** DATASET RECORDS follows **

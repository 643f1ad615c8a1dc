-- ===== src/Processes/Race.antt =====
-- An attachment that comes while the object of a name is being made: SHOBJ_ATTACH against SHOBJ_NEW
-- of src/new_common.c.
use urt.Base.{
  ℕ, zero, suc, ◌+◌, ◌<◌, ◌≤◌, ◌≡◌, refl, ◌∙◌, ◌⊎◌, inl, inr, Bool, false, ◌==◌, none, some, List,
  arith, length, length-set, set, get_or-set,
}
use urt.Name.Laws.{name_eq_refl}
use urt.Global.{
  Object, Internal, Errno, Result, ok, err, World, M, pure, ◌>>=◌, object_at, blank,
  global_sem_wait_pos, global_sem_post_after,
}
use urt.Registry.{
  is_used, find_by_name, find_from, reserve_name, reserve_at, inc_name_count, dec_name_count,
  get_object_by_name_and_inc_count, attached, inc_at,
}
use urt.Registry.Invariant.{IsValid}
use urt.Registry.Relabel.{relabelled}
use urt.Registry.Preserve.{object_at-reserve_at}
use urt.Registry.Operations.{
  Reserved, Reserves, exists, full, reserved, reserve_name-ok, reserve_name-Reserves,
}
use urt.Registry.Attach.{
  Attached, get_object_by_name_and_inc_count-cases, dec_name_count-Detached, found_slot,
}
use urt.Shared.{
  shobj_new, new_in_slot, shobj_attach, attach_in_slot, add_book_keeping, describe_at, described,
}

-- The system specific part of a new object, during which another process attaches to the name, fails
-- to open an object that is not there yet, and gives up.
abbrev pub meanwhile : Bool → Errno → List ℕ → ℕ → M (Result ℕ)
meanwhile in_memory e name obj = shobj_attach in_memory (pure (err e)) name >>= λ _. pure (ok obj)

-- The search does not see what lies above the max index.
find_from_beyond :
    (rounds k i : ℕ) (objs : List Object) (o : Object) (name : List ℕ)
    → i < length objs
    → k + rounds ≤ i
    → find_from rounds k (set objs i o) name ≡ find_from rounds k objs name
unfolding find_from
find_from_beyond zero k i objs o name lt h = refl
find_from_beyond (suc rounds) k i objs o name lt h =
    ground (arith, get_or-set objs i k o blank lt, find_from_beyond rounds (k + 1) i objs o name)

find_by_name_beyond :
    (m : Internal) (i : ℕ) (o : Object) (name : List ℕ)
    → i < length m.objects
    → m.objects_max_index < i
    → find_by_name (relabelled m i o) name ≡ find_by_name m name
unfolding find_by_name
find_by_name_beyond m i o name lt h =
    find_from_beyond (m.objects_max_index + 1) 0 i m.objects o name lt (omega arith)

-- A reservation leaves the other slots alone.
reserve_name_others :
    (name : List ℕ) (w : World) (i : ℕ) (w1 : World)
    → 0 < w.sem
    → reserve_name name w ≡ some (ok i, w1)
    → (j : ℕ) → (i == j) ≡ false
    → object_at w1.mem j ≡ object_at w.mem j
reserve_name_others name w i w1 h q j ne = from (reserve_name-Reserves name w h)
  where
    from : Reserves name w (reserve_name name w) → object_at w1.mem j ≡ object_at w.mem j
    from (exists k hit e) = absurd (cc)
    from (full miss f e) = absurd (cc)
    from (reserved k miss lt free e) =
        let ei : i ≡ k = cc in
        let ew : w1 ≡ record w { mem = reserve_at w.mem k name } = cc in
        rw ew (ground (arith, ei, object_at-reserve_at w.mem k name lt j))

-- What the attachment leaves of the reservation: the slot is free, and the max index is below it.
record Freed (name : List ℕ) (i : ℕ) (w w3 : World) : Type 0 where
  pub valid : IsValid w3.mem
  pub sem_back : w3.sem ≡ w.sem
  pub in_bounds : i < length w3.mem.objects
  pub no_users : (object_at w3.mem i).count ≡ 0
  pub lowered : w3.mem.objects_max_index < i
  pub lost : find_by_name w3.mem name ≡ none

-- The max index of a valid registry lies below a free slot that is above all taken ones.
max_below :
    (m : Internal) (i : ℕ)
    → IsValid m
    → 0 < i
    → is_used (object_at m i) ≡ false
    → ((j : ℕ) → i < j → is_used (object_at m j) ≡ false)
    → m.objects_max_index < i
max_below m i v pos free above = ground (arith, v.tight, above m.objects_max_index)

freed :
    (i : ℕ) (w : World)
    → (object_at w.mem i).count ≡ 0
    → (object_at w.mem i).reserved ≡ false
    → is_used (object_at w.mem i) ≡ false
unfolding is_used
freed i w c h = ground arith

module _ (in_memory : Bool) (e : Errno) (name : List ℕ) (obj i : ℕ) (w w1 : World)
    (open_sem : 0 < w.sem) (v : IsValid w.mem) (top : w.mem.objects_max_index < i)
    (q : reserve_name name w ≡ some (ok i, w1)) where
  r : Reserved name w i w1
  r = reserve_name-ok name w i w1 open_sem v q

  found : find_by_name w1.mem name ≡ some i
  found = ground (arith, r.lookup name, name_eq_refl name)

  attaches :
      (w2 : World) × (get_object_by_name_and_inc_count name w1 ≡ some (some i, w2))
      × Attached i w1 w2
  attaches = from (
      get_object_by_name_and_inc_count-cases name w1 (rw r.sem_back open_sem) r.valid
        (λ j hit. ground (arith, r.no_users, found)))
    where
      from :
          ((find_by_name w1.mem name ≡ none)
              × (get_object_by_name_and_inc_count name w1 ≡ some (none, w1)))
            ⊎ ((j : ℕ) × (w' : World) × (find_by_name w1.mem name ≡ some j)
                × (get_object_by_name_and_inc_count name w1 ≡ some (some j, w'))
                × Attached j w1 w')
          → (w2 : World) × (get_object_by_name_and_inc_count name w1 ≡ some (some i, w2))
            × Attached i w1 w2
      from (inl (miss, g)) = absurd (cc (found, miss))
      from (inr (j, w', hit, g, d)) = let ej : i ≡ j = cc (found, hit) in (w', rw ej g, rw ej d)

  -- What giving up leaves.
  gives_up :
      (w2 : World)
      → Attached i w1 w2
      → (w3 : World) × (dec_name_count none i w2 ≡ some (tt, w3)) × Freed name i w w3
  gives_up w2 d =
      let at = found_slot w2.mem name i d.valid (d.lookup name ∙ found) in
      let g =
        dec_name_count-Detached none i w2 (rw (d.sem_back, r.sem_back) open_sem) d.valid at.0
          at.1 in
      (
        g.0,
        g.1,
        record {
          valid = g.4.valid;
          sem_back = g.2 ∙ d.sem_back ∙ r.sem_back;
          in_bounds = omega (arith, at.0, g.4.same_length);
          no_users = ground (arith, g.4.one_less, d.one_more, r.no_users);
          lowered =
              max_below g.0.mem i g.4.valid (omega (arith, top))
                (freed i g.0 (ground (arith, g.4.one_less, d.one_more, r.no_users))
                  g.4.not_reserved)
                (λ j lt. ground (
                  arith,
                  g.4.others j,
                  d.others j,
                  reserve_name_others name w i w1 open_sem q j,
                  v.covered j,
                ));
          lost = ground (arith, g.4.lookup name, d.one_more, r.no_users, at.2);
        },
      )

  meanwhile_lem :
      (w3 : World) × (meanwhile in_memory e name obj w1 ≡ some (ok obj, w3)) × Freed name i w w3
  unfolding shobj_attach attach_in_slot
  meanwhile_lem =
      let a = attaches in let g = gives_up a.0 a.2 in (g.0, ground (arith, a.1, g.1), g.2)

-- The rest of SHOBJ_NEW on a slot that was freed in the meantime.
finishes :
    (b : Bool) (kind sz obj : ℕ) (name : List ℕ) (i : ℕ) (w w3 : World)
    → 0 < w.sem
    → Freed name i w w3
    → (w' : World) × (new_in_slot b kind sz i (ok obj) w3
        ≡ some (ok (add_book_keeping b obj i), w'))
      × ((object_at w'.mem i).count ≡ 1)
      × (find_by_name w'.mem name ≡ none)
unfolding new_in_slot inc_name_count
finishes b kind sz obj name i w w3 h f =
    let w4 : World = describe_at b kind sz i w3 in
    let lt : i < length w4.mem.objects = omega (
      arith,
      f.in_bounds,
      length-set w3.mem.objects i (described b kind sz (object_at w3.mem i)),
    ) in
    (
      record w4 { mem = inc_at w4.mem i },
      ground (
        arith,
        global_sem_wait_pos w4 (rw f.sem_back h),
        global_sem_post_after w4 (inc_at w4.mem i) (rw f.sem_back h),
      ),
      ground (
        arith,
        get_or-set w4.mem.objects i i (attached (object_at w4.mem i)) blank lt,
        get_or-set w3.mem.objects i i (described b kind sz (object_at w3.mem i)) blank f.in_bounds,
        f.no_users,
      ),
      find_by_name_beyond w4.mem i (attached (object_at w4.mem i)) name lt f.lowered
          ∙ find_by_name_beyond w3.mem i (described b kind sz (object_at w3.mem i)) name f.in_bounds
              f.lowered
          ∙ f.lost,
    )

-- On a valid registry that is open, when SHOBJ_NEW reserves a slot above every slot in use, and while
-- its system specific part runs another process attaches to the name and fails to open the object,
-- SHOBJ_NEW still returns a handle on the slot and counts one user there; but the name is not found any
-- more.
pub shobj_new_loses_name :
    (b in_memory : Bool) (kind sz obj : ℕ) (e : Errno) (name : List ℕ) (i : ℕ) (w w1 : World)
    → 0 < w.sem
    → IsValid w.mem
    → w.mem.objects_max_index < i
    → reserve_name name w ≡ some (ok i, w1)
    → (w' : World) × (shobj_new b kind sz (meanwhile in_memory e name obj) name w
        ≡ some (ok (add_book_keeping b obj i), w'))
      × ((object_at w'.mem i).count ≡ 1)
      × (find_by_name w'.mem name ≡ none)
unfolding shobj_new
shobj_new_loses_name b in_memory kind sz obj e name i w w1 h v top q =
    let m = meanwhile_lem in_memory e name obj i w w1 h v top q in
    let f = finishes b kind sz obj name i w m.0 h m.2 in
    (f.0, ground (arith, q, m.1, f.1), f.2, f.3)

** End of DATASET RECORDS **

WHAT YOU ARE ASKED TO DO: Look above for the line with "(i : ℕ) (w : World)" and the line with "found : find_by_name w1.mem name ≡ some i"; transcribe both and all lines in between, exactly, and nothing else.

SOLUTION:
    (i : ℕ) (w : World)
    → (object_at w.mem i).count ≡ 0
    → (object_at w.mem i).reserved ≡ false
    → is_used (object_at w.mem i) ≡ false
unfolding is_used
freed i w c h = ground arith

module _ (in_memory : Bool) (e : Errno) (name : List ℕ) (obj i : ℕ) (w w1 : World)
    (open_sem : 0 < w.sem) (v : IsValid w.mem) (top : w.mem.objects_max_index < i)
    (q : reserve_name name w ≡ some (ok i, w1)) where
  r : Reserved name w i w1
  r = reserve_name-ok name w i w1 open_sem v q

  found : find_by_name w1.mem name ≡ some i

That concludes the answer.